Когда имеешь дело с прессой, важно держать глаза открытыми, если тебя фотографируют. Просто «Гринстедский наблюдатель» — единственная местная газета, а вот профессионал с Флит-стрит[23] ни за что не опубликовал бы ту фотографию с летнего школьного праздника. Но даже если в газете напечатают групповой снимок, где ты с закрытыми глазами, помни, что, кроме тебя, до этого никому нет дела. Хотя в этом конкретном случае все в школе считали себя обязанными напоминать об этом по сто раз на дню, так что уже не смешно, даже если сначала и было бы смешно, а кстати, не было, если уж на то пошло.

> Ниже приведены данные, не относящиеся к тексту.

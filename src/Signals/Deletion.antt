-- ===== src/Signals/Deletion.antt =====
-- parent.c: the deletion of one child and of all.
use mathlib.Core.Path.{subst}
use osa_sp.Base.{
  ℕ, zero, suc, ◌≡◌, inl, inr, refl, sym, ap, ap₂, ◌∙◌, false, none, some, List, [], ◌∷◌, ◌++◌,
  List-cases, append_assoc, append-nil, leb, length, length-append, get_or, arith,
}
use osa_sp.Signals.{
  ProcessInfo, process_info, Signal, sigterm, Parent, shift_down, reap_all, close_gap, pid_at,
  Meanwhile, meanwhile, without_gap, delete_child_process_by_index, delete_from_last,
  delete_all_children,
}
use osa_sp.Signals.Gap.{without_gap-early}

pub shift_down-append :
    (front back : List ProcessInfo) (p : ProcessInfo)
    → shift_down (length front) (front ++ p ∷ back) ≡ some (front ++ back)
unfolding shift_down
shift_down-append [] back p = refl
shift_down-append (q ∷ []) back p = refl
shift_down-append (q ∷ r ∷ front) back p = rw (shift_down-append (r ∷ front) back p) refl

get_or-append :
    (front back : List ProcessInfo) (p d : ProcessInfo)
    → get_or (front ++ p ∷ back) (length front) d ≡ p
get_or-append [] back p d = refl
get_or-append (q ∷ front) back p d = get_or-append front back p d

abbrev pub sent_to : Parent → ℕ → List ProcessInfo → Parent
sent_to s pid rest = record s { processes = rest; sent = s.sent ++ ((pid, sigterm) ∷ []) }

-- What a deletion at the place of an entry comes to, with the children that end meanwhile.
module _ (m : Meanwhile) (s : Parent) (front back : List ProcessInfo) (p : ProcessInfo)
    (h : s.processes ≡ front ++ p ∷ back) where
  inside : leb (length s.processes) (length front) ≡ false
  inside = rw h (ground (arith, length-append front (p ∷ back)))

  at_index : pid_at s.processes (length front) ≡ p.pid
  at_index = rw h (ap (λ q. q.pid) (get_or-append front back p (process_info 0 [])))

  pub delete-some :
      (rest : List ProcessInfo)
      → without_gap m (length front) s.processes ≡ some rest
      → delete_child_process_by_index m (length front) s ≡ some (sent_to s p.pid rest)
  unfolding delete_child_process_by_index close_gap
  delete-some rest e = grind (arith, inside, at_index, e)

  pub delete-none :
      without_gap m (length front) s.processes ≡ none
      → delete_child_process_by_index m (length front) s ≡ none
  unfolding delete_child_process_by_index close_gap
  delete-none e = grind (arith, inside, e)

-- A deletion at the place of an entry sends SIGTERM to its pid and no other, and, when no child ends
-- meanwhile, takes that entry out and keeps the others in their order.
pub delete_child_process_by_index-append :
    (s : Parent) (front back : List ProcessInfo) (p : ProcessInfo)
    → s.processes ≡ front ++ p ∷ back
    → delete_child_process_by_index (meanwhile [] []) (length front) s
      ≡ some (sent_to s p.pid (front ++ back))
unfolding reap_all
delete_child_process_by_index-append s front back p h =
    delete-some (meanwhile [] []) s front back p h (front ++ back) (
      without_gap-early [] (length front) s.processes
      ∙ (ap (shift_down (length front)) h ∙ shift_down-append front back p))

-- The last entry of a table that has one.
pub split_last :
    (p : ProcessInfo) (ps : List ProcessInfo)
    → (front : List ProcessInfo) × (q : ProcessInfo) × (p ∷ ps ≡ front ++ (q ∷ []))
      × (length front ≡ length ps)
split_last p [] = ([], p, refl, refl)
split_last p (r ∷ ps) =
    let (front, q, e, same) = split_last r ps in (p ∷ front, q, ap (λ t. p ∷ t) e, ap suc same)

-- The signals that end the children of a table, the last one first.
unfoldable pub terms_from_last : List ProcessInfo → List (ℕ × Signal)
terms_from_last [] = []
terms_from_last (p ∷ ps) = terms_from_last ps ++ ((p.pid, sigterm) ∷ [])

terms_from_last-append :
    (front : List ProcessInfo) (q : ProcessInfo)
    → terms_from_last (front ++ (q ∷ [])) ≡ (q.pid, sigterm) ∷ terms_from_last front
unfolding terms_from_last
terms_from_last-append [] q = refl
terms_from_last-append (p ∷ front) q = rw (terms_from_last-append front q) refl

delete_from_last-next :
    (fuel n : ℕ) (s s' : Parent)
    → length s.processes ≡ suc n
    → delete_child_process_by_index (meanwhile [] []) n s ≡ some s'
    → delete_from_last (suc fuel) [] s ≡ delete_from_last fuel [] s'
unfolding delete_from_last
delete_from_last-next fuel n s s' size e = ground (arith, size, e)

abbrev all_ended : Parent → Parent
all_ended s = record s { processes = []; sent = s.sent ++ terms_from_last s.processes }

all_ended-last :
    (s : Parent) (front : List ProcessInfo) (q : ProcessInfo)
    → s.processes ≡ front ++ (q ∷ [])
    → all_ended (sent_to s q.pid front) ≡ all_ended s
all_ended-last s front q h =
    ap (λ sent. record s { processes = []; sent = sent })
      (append_assoc s.sent ((q.pid, sigterm) ∷ []) (terms_from_last front)
        ∙ ap (λ t. s.sent ++ t) (sym (ap terms_from_last h ∙ terms_from_last-append front q)))

all_ended-nil : (s : Parent) → s.processes ≡ [] → s ≡ all_ended s
unfolding terms_from_last
all_ended-nil s h =
    ap₂ (λ ps sent. record s { processes = ps; sent = sent }) h
      (sym (ap (λ ps. s.sent ++ terms_from_last ps) h ∙ append-nil s.sent))

delete_from_last-all :
    (fuel : ℕ) (s : Parent)
    → length s.processes ≡ fuel
    → delete_from_last fuel [] s ≡ some (all_ended s)
unfolding delete_from_last
delete_from_last-all zero s size = elim (List-cases s.processes) [
  | inl e ↦ ap some (all_ended-nil s e)
  | inr (p, ps, e) ↦ absurd (ground (arith, sym size ∙ ap length e))
]
delete_from_last-all (suc fuel) s size = elim (List-cases s.processes) [
  | inl e ↦ absurd (ground (arith, sym size ∙ ap length e))
  | inr (p, ps, e) ↦
      let (front, q, last, same) = split_last p ps in
      let at : length front ≡ fuel = omega (arith, sym size ∙ ap length e, same) in
      let gone : delete_child_process_by_index (meanwhile [] []) fuel s
          ≡ some (sent_to s q.pid front) =
        subst
          (λ n. delete_child_process_by_index (meanwhile [] []) n s ≡ some (sent_to s q.pid front))
          at
          (delete_child_process_by_index-append s front [] q (e ∙ last)
            ∙ ap (λ ps. some (sent_to s q.pid ps)) (append-nil front)) in
      delete_from_last-next fuel fuel s (sent_to s q.pid front) size gone
      ∙ (delete_from_last-all fuel (sent_to s q.pid front) at
          ∙ ap some (all_ended-last s front q (e ∙ last)))
]

-- When no child ends meanwhile, `delete_all_children` sends SIGTERM to every child once, the last one
-- first, and leaves an empty table.
pub delete_all_children-all_ended :
    (s : Parent)
    → delete_all_children [] s
      ≡ some (record s { processes = []; sent = s.sent ++ terms_from_last s.processes })
unfolding delete_all_children
delete_all_children-all_ended s = delete_from_last-all (length s.processes) s refl
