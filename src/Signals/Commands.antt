-- ===== src/Signals/Commands.antt =====
-- parent.c: `input_option` and `main`.
pub mod Bounds
use osa_sp.Base.{
  ℕ, zero, suc, ◌+◌, ◌-◌, ◌*◌, ◌≤◌, ◌<◌, ◌≡◌, ◌⊎◌, inl, inr, refl, sym, ap, ◌∙◌, Bool, true, false,
  not, ◌&&◌, ◌||◌, Bool-cases, Option, none, some, Option-cases, List, [], ◌∷◌, ◌++◌, append-nil,
  leb, ltb, ◌==◌, if◌then◌else◌, length, length-append, until_newline, arith,
}
use osa_sp.Signals.{
  ProcessInfo, process_info, Signal, sigterm, sigkill, Parent, start, label, new_capacity,
  start_child, case_plus, case_minus, delete_all_children, reap_all, delete_child_process_by_index,
  close_gap, shift_down, delete_from_last, next_reaped, Meanwhile,
}
use osa_sp.Signals.Reaping.{reap_all-length, shift_down-some}
use osa_sp.Signals.Deletion.{terms_from_last, delete_all_children-all_ended}

-- What the parent understands.
pub data Command : Type 0 where
  menu plus minus list kill quit : Command

unfoldable pub command_of : ℕ → Option Command
command_of c =
    if c == b'+'
    then some plus
    else if c == b'-'
    then some minus
    else if c == b'l'
    then some list
    else if c == b'm'
    then some menu
    else if c == b'k'
    then some kill
    else if c == b'q'
    then some quit
    else none

-- `input_option`: the line that `fgets` gives, none at the end of the input; `none` is -1.
unfoldable pub input_option : Option (List ℕ) → Option Command
input_option none = some quit
input_option (some text) = elim (until_newline text) [
  | [] ↦ none
  | c ∷ rest ↦ elim rest [ [] ↦ command_of c | _ ∷ _ ↦ none ]
]

-- The pids of a table that a signal is sent to, as `kill` finds them alive.
unfoldable pub kill_alive : (ℕ → Bool) → List ProcessInfo → List (ℕ × Signal)
kill_alive alive [] = []
kill_alive alive (p ∷ ps) =
    let rest = kill_alive alive ps in if alive p.pid then (p.pid, sigkill) ∷ rest else rest

-- How a run stands: it goes on, it has ended, or a loop has run out of the array
-- or its size has wrapped.
pub data Run : Type 0 where
  running exited : Parent → Run
  out_of_array : Run

-- `complete_the_program` behind `delete_all_children`: it asks which of the children left are alive.
unfoldable pub finish : (ℕ → Bool) → Option Parent → Run
finish alive none = out_of_array
finish alive (some s) =
    exited
      (record s { processes = []; capacity = 0; sent = s.sent ++ kill_alive alive s.processes })

unfoldable pub complete_the_program : (ℕ → Bool) → List Meanwhile → Parent → Run
complete_the_program alive reaped s = finish alive (delete_all_children reaped s)

-- What the world does in a round: the pids that SIGCHLD reaps before the line, whether `realloc` and
-- `fork` succeed, the pids reaped in each deletion and behind the command, and which children are alive
-- at the end.
pub record World : Type 0 where
  pub reaped_before : List ℕ
  pub allocated : Bool
  pub forked : Option ℕ
  pub reaped : List Meanwhile
  pub reaped_after : List ℕ
  pub alive : ℕ → Bool

abbrev pub run_of : Option Parent → Run
run_of none = out_of_array
run_of (some s) = running s

unfoldable pub run_command : World → Command → Parent → Run
run_command w menu s = running s
run_command w list s = running s
run_command w plus s = running (case_plus w.allocated w.forked s)
run_command w minus s = run_of (case_minus (next_reaped w.reaped) s)
run_command w kill s = run_of (delete_all_children w.reaped s)
run_command w quit s = complete_the_program w.alive w.reaped s

abbrev pub reaping : List ℕ → Parent → Parent
reaping pids s = record s { processes = reap_all pids s.processes }

unfoldable pub reap_behind : List ℕ → Run → Run
reap_behind pids (running s) = running (reaping pids s)
reap_behind pids (exited s) = exited s
reap_behind pids out_of_array = out_of_array

unfoldable pub obey : World → Option Command → Parent → Run
obey w none s = running s
obey w (some c) s = reap_behind w.reaped_after (run_command w c s)

-- A round of the loop in `main`.
unfoldable pub main_round : World → Option (List ℕ) → Parent → Run
main_round w typed s = obey w (input_option typed) (reaping w.reaped_before s)

unfoldable pub main_loop : List (World × Option (List ℕ)) → Run → Run
main_loop [] r = r
main_loop (round ∷ rounds) (running s) = main_loop rounds (main_round round.0 round.1 s)
main_loop (round ∷ rounds) (exited s) = exited s
main_loop (round ∷ rounds) out_of_array = out_of_array

-- When no child ends meanwhile, `q` sends SIGTERM to every child, and then SIGKILL to none, whichever
-- are still alive: the table that the second loop walks over is empty.
pub complete_the_program-terms :
    (alive : ℕ → Bool) (s : Parent)
    → complete_the_program alive [] s
      ≡ exited
          (record { processes = []; capacity = 0; sent = s.sent ++ terms_from_last s.processes })
unfolding complete_the_program finish kill_alive
complete_the_program-terms alive s =
    ap (finish alive) (delete_all_children-all_ended s)
    ∙ ap (λ sent. exited (record s { processes = []; capacity = 0; sent = sent }))
        (append-nil (s.sent ++ terms_from_last s.processes))
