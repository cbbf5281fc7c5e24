-- ===== src/Signals/Commands/Bounds.antt =====
-- The array of the children in parent.c holds the table, when SIGCHLD comes only where `World` says.
use mathlib.Core.Path.{subst}
use osa_sp.Base.{
  ℕ, zero, suc, ◌-◌, ◌*◌, ◌≤◌, ◌<◌, inl, inr, sym, Bool, Bool-cases, Option, none, some, List, [],
  ◌∷◌, ◌++◌, leb, ◌==◌, length, length-append, arith,
}
use osa_sp.Signals.{
  process_info, sigterm, Parent, start, label, start_child, case_plus, case_minus,
  delete_all_children, delete_child_process_by_index, close_gap, delete_from_last, next_reaped,
  later_reaped, pid_at,
}
use osa_sp.Signals.{Meanwhile}
use osa_sp.Signals.Gap.{without_gap-cases, close_gap-none, close_gap-some}
use osa_sp.Signals.Reaping.{reap_all-length}
use osa_sp.Signals.Commands.{
  Command, menu, plus, minus, list, kill, quit, Run, running, exited, out_of_array, World, run_of,
  run_command, reaping, reap_behind, obey, main_round, main_loop, input_option,
  complete_the_program, finish,
}

abbrev pub Fits : Parent → Type 0
Fits s = (length s.processes ≤ s.capacity) × (0 < s.capacity)

-- A run that goes on keeps the table within the array.
unfoldable pub FitsRun : Run → Type 0
FitsRun (running s) = Fits s
FitsRun (exited s) = Unit
FitsRun out_of_array = Unit

start_child-Fits :
    (forked : Option ℕ) (s : Parent) → length s.processes < s.capacity → Fits (start_child forked s)
unfolding start_child
start_child-Fits none s h = (omega (arith, h), omega (arith, h))
start_child-Fits (some pid) s h = (
  omega (arith, h, length-append s.processes (process_info pid (label (length s.processes)) ∷ [])),
  omega (arith, h),
)

case_plus-Fits :
    (allocated : Bool) (forked : Option ℕ) (s : Parent)
    → Fits s
    → Fits (case_plus allocated forked s)
unfolding case_plus
case_plus-Fits allocated forked s h = elim (Bool-cases (leb s.capacity (length s.processes))) [
  | inl full ↦ elim (Bool-cases allocated) [
    | inl a ↦
        rw (full, a)
          (start_child-Fits forked (record s { capacity = s.capacity * 2 })
            (omega (arith, h.0, h.1)))
    | inr a ↦ rw (full, a) h
  ]
  | inr free ↦ rw free (start_child-Fits forked s (ground (arith, free)))
]

unfoldable FitsOption : Option Parent → Type 0
FitsOption none = Unit
FitsOption (some s) = Fits s

some-Fits : (s : Parent) → Fits s → FitsOption (some s)
unfolding FitsOption
some-Fits s h = h

reaping-Fits : (pids : List ℕ) (s : Parent) → Fits s → Fits (reaping pids s)
reaping-Fits pids s h = (omega (arith, h.0, reap_all-length pids s.processes), h.1)

close_gap-Fits :
    (m : Meanwhile) (index : ℕ) (s : Parent) → Fits s → FitsOption (close_gap m index s)
unfolding FitsOption
close_gap-Fits m index s h = elim (without_gap-cases m index s.processes) [
  | inl out ↦ subst FitsOption (sym (close_gap-none m index s out)) tt
  | inr (rest, down, shorter) ↦
      subst FitsOption (sym (close_gap-some m index s rest down)) (omega (arith, h.0, shorter), h.1)
]

then_Fits :
    (o : Option Parent) (f : Parent → Option Parent)
    → FitsOption o
    → ((s : Parent) → Fits s → FitsOption (f s))
    → FitsOption (elim o [ none ↦ none | some s ↦ f s ])
unfolding FitsOption
then_Fits none f h next = tt
then_Fits (some s) f h next = next s h

delete-Fits :
    (reaped : Meanwhile) (index : ℕ) (s : Parent)
    → Fits s
    → FitsOption (delete_child_process_by_index reaped index s)
unfolding delete_child_process_by_index FitsOption
delete-Fits reaped index s h = elim (Bool-cases (leb (length s.processes) index)) [
  | inl e ↦ rw e h
  | inr e ↦ rw e (
      close_gap-Fits reaped index
        (record s { sent = s.sent ++ ((pid_at s.processes index, sigterm) ∷ []) }) h)
]

case_minus-Fits : (reaped : Meanwhile) (s : Parent) → Fits s → FitsOption (case_minus reaped s)
unfolding case_minus FitsOption
case_minus-Fits reaped s h = elim (Bool-cases (length s.processes == 0)) [
  | inl e ↦ rw e h
  | inr e ↦ rw e (delete-Fits reaped (length s.processes - 1) s h)
]

delete_from_last-Fits :
    (fuel : ℕ) (reaped : List Meanwhile) (s : Parent)
    → Fits s
    → FitsOption (delete_from_last fuel reaped s)
unfolding delete_from_last
delete_from_last-Fits zero reaped s h = some-Fits s h
delete_from_last-Fits (suc fuel) reaped s h = elim (Bool-cases (length s.processes == 0)) [
  | inl e ↦ rw e (some-Fits s h)
  | inr e ↦ rw e (
      then_Fits (delete_child_process_by_index (next_reaped reaped) (length s.processes - 1) s)
        (λ s'. delete_from_last fuel (later_reaped reaped) s')
        (delete-Fits (next_reaped reaped) (length s.processes - 1) s h)
        (λ s' h'. delete_from_last-Fits fuel (later_reaped reaped) s' h'))
]

run_of-FitsRun : (o : Option Parent) → FitsOption o → FitsRun (run_of o)
unfolding FitsOption FitsRun
run_of-FitsRun none h = tt
run_of-FitsRun (some s) h = h

finish-FitsRun : (alive : ℕ → Bool) (o : Option Parent) → FitsRun (finish alive o)
unfolding finish FitsRun
finish-FitsRun alive none = tt
finish-FitsRun alive (some s) = tt

run_command-FitsRun : (w : World) (c : Command) (s : Parent) → Fits s → FitsRun (run_command w c s)
unfolding run_command FitsRun delete_all_children complete_the_program
run_command-FitsRun w menu s h = h
run_command-FitsRun w list s h = h
run_command-FitsRun w plus s h = case_plus-Fits w.allocated w.forked s h
run_command-FitsRun w minus s h =
    run_of-FitsRun (case_minus (next_reaped w.reaped) s)
      (case_minus-Fits (next_reaped w.reaped) s h)
run_command-FitsRun w kill s h =
    run_of-FitsRun (delete_all_children w.reaped s)
      (delete_from_last-Fits (length s.processes) w.reaped s h)
run_command-FitsRun w quit s h = finish-FitsRun w.alive (delete_all_children w.reaped s)

reap_behind-FitsRun : (pids : List ℕ) (r : Run) → FitsRun r → FitsRun (reap_behind pids r)
unfolding reap_behind FitsRun
reap_behind-FitsRun pids (running s) h = reaping-Fits pids s h
reap_behind-FitsRun pids (exited s) h = tt
reap_behind-FitsRun pids out_of_array h = tt

obey-FitsRun : (w : World) (c : Option Command) (s : Parent) → Fits s → FitsRun (obey w c s)
unfolding obey FitsRun
obey-FitsRun w none s h = h
obey-FitsRun w (some c) s h =
    reap_behind-FitsRun w.reaped_after (run_command w c s) (run_command-FitsRun w c s h)

main_loop-keeps :
    (rounds : List (World × Option (List ℕ))) (r : Run) → FitsRun r → FitsRun (main_loop rounds r)
unfolding main_loop main_round FitsRun
main_loop-keeps [] r h = h
main_loop-keeps (round ∷ rounds) (running s) h =
    main_loop-keeps rounds (main_round round.0 round.1 s) (
      obey-FitsRun round.0 (input_option round.1) (reaping round.0.reaped_before s)
        (reaping-Fits round.0.reaped_before s h))
main_loop-keeps (round ∷ rounds) (exited s) h = tt
main_loop-keeps (round ∷ rounds) out_of_array h = tt

-- Whatever is typed, whichever calls fail and whichever children end at the points of `World`, a parent
-- that goes on has its
-- children within the capacity of the array, and that capacity is not 0, so that doubling it makes
-- room.
pub main_loop-FitsRun :
    (rounds : List (World × Option (List ℕ))) → FitsRun (main_loop rounds (running start))
unfolding FitsRun
main_loop-FitsRun rounds = main_loop-keeps rounds (running start) (omega arith, omega arith)
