-- ===== src/Microtools/ServerName.antt =====
-- microtools/cmd.go: the server name that GetContextServerName finds in a service name.
use go_toolkits.Base.{
  ℕ, suc, ◌≡◌, refl, sym, ◌∙◌, ap, subst, ◌↔◌, false, Option, none, some, List, [], ◌∷◌, ◌++◌, ◌==◌,
  length, drop, arith, Option-cases, by_if, drop_past, append_assoc, ◌⊎◌, inl, inr,
}
use go_toolkits.Base.Bytes.{Bytes, codes, contains_byte}
use go_toolkits.Cli.{Context, read_flags, get_context_service}
use go_toolkits.Cli.Names.{present, join, format_strings-join}
use go_toolkits.Microtools.{
  format_from, format_strings, last_dash, behind_dash, get_context_server_name,
}

format_from-same :
    (str : Bytes) (strs : List Bytes) → format_from str strs ≡ go_toolkits.Cli.format_from str strs
unfolding format_from go_toolkits.Cli.format_from
format_from-same str [] = refl
format_from-same str (s ∷ strs) = format_from-same _ strs

-- FormatStrings of microtools and FormatStrings of cli give the same.
pub format_strings-same :
    (strs : List Bytes) → format_strings strs ≡ go_toolkits.Cli.format_strings strs
unfolding format_strings go_toolkits.Cli.format_strings
format_strings-same strs = format_from-same [] strs

last_dash-none : (s : Bytes) → contains_byte s b'-' ≡ false → last_dash s ≡ none
unfolding last_dash contains_byte
last_dash-none [] h = refl
last_dash-none (c ∷ s) h = rw (last_dash-none s (ground arith)) (ground arith)

last_dash-append :
    (u t : Bytes) → contains_byte t b'-' ≡ false → last_dash (u ++ b'-' ∷ t) ≡ some (length u)
unfolding last_dash
last_dash-append [] t h = rw (last_dash-none t h) refl
last_dash-append (c ∷ u) t h = rw (last_dash-append u t h) refl

abbrev cut : Bytes → Option ℕ → Bytes
cut s none = s
cut s (some i) = drop (suc i) s

behind_dash-cut : (s : Bytes) (o : Option ℕ) → behind_dash s o ≡ cut s o
unfolding behind_dash
behind_dash-cut s none = refl
behind_dash-cut s (some i) =
    by_if (λ r. r ≡ drop (suc i) s) (suc i == length s)
      (λ h. sym (drop_past (suc i) s (ground arith))) (λ h. refl)

-- Behind the last dash there is none.
no_dash_behind : (s : Bytes) → contains_byte (cut s (last_dash s)) b'-' ≡ false
unfolding last_dash contains_byte
no_dash_behind [] = refl
no_dash_behind (c ∷ s) =
    let ih = no_dash_behind s in
    elim (Option-cases (last_dash s)) [
      | inl e ↦
          let plain : contains_byte s b'-' ≡ false =
            subst (λ o. contains_byte (cut s o) b'-' ≡ false) e ih in
          rw e (
            by_if (λ o. contains_byte (cut (c ∷ s) o) b'-' ≡ false) (c == b'-') (λ h. plain)
              (λ h. rw (h, plain) refl))
      | inr (i, e) ↦ rw e (subst (λ o. contains_byte (cut s o) b'-' ≡ false) e ih)
    ]

-- What a service name says of the server's name.
abbrev server_of : Bytes → Bytes
server_of s = get_context_server_name (some (s ∷ []))

server_of-cut : (s : Bytes) → server_of s ≡ cut s (last_dash s)
unfolding get_context_server_name get_context_service last_dash
server_of-cut [] = refl
server_of-cut (c ∷ s) = behind_dash-cut (c ∷ s) _

server_of_plain : (s : Bytes) → contains_byte s b'-' ≡ false → server_of s ≡ s
server_of_plain s h = server_of-cut s ∙ ap (cut s) (last_dash-none s h)

drop-past_dash : (u : Bytes) (d : ℕ) (t : Bytes) → drop (suc (length u)) (u ++ d ∷ t) ≡ t
drop-past_dash [] d t = refl
drop-past_dash (c ∷ u) d t = drop-past_dash u d t

server_of_last : (u t : Bytes) → contains_byte t b'-' ≡ false → server_of (u ++ b'-' ∷ t) ≡ t
server_of_last u t h =
    server_of-cut (u ++ b'-' ∷ t)
    ∙ ap (cut (u ++ b'-' ∷ t)) (last_dash-append u t h)
    ∙ drop-past_dash u b'-' t

-- A service name ends in the server's name: alone, or behind a dash.
service_name-ends :
    (company project : Bytes) (c : ℕ) (s : Bytes)
    → let name = join (present (company ∷ project ∷ (c ∷ s) ∷ [])) in
      (name ≡ c ∷ s) ⊎ ((u : Bytes) × (name ≡ u ++ b'-' ∷ c ∷ s))
service_name-ends [] [] c s = inl refl
service_name-ends [] (p ∷ project) c s = inr (p ∷ project, refl)
service_name-ends (q ∷ company) [] c s = inr (q ∷ company, refl)
service_name-ends (q ∷ company) (p ∷ project) c s = inr (
  (q ∷ company) ++ b'-' ∷ p ∷ project,
  sym (append_assoc (q ∷ company) (b'-' ∷ p ∷ project) (b'-' ∷ c ∷ s)),
)

found :
    (company project : Bytes) (c : ℕ) (s : Bytes)
    → contains_byte (c ∷ s) b'-' ≡ false
    → server_of (join (present (company ∷ project ∷ (c ∷ s) ∷ []))) ≡ c ∷ s
found company project c s h = elim (service_name-ends company project c s) [
  | inl e ↦ ap server_of e ∙ server_of_plain (c ∷ s) h
  | inr (u, e) ↦ ap server_of e ∙ server_of_last u (c ∷ s) h
]

-- Where cli's Init has read a server name that is not empty, and the service name that it makes
-- comes in as the service of a request, microtools finds the server name in it exactly if there is
-- no dash in the server name.
pub get_context_server_name_iff :
    (flags : Context) (c : ℕ) (s : Bytes)
    → flags.string (codes "server_name") ≡ c ∷ s
    → (get_context_server_name (some ((read_flags flags).service_name ∷ []))
        ≡ (read_flags flags).server_name)
      ↔ (contains_byte (c ∷ s) b'-' ≡ false)
unfolding read_flags
get_context_server_name_iff flags c s e =
    let company = flags.string (codes "company_name") in
    let project = flags.string (codes "project_name") in
    let name : (read_flags flags).service_name ≡ join (present (company ∷ project ∷ (c ∷ s) ∷ [])) =
      ap (λ n. go_toolkits.Cli.format_strings (company ∷ project ∷ n ∷ [])) e
      ∙ format_strings-join (company ∷ project ∷ (c ∷ s) ∷ []) in
    (
      λ r.
          subst (λ n. contains_byte n b'-' ≡ false)
            (sym (server_of-cut (read_flags flags).service_name) ∙ r ∙ e)
            (no_dash_behind (read_flags flags).service_name),
      λ h. ap server_of name ∙ found company project c s h ∙ sym e,
    )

Просто это очень незрелое поведение.
В принципе, помни, что газетам нужны знаменитости, но и знаменитостям тоже нужны газеты. Это такие особые отношения, которые называются «обоюдными», где обе стороны нужны друг другу в равной мере.
Так или иначе, мне пора бежать, надо много еще успеть. Сегодня я собирался начать свой проект по Тюдорам, но решил лучше посмотреть королевскую свадьбу, это будет полезный сбор материала. Скоро опять напишу.
Искренне свой, Джимми.
«Интервью с Джимми Конвеем для отдела культуры „Санди таймс“, кассета первая». Моя интервьюерша произнесла эти слова в блестящий диктофон и положила аппарат на стол между нами. Красный огонек настойчиво подмаргивал. Я сообразил, что идет запись, хотя немного испугался, не встроен ли в диктофон детектор лжи, который зажигает красный свет всякий раз, когда я вру.
— Итак, Джимми, вопрос первый: как давно вы работаете профессиональным эстрадником?
«Э-э… если честно, я не профессиональный эстрадник. Я это придумал, потому что всегда мечтал быть кем-то важным. Увы, никем хоть чуть интересным или значительным я не стал, вот и решил наврать и притвориться, что я крутой комик, может, что-нибудь и выгадаю».
Такой ответ пронесся в моей голове, но я оставил его при себе — боялся, что это расстроит все интервью и разрушит дружелюбную атмосферу.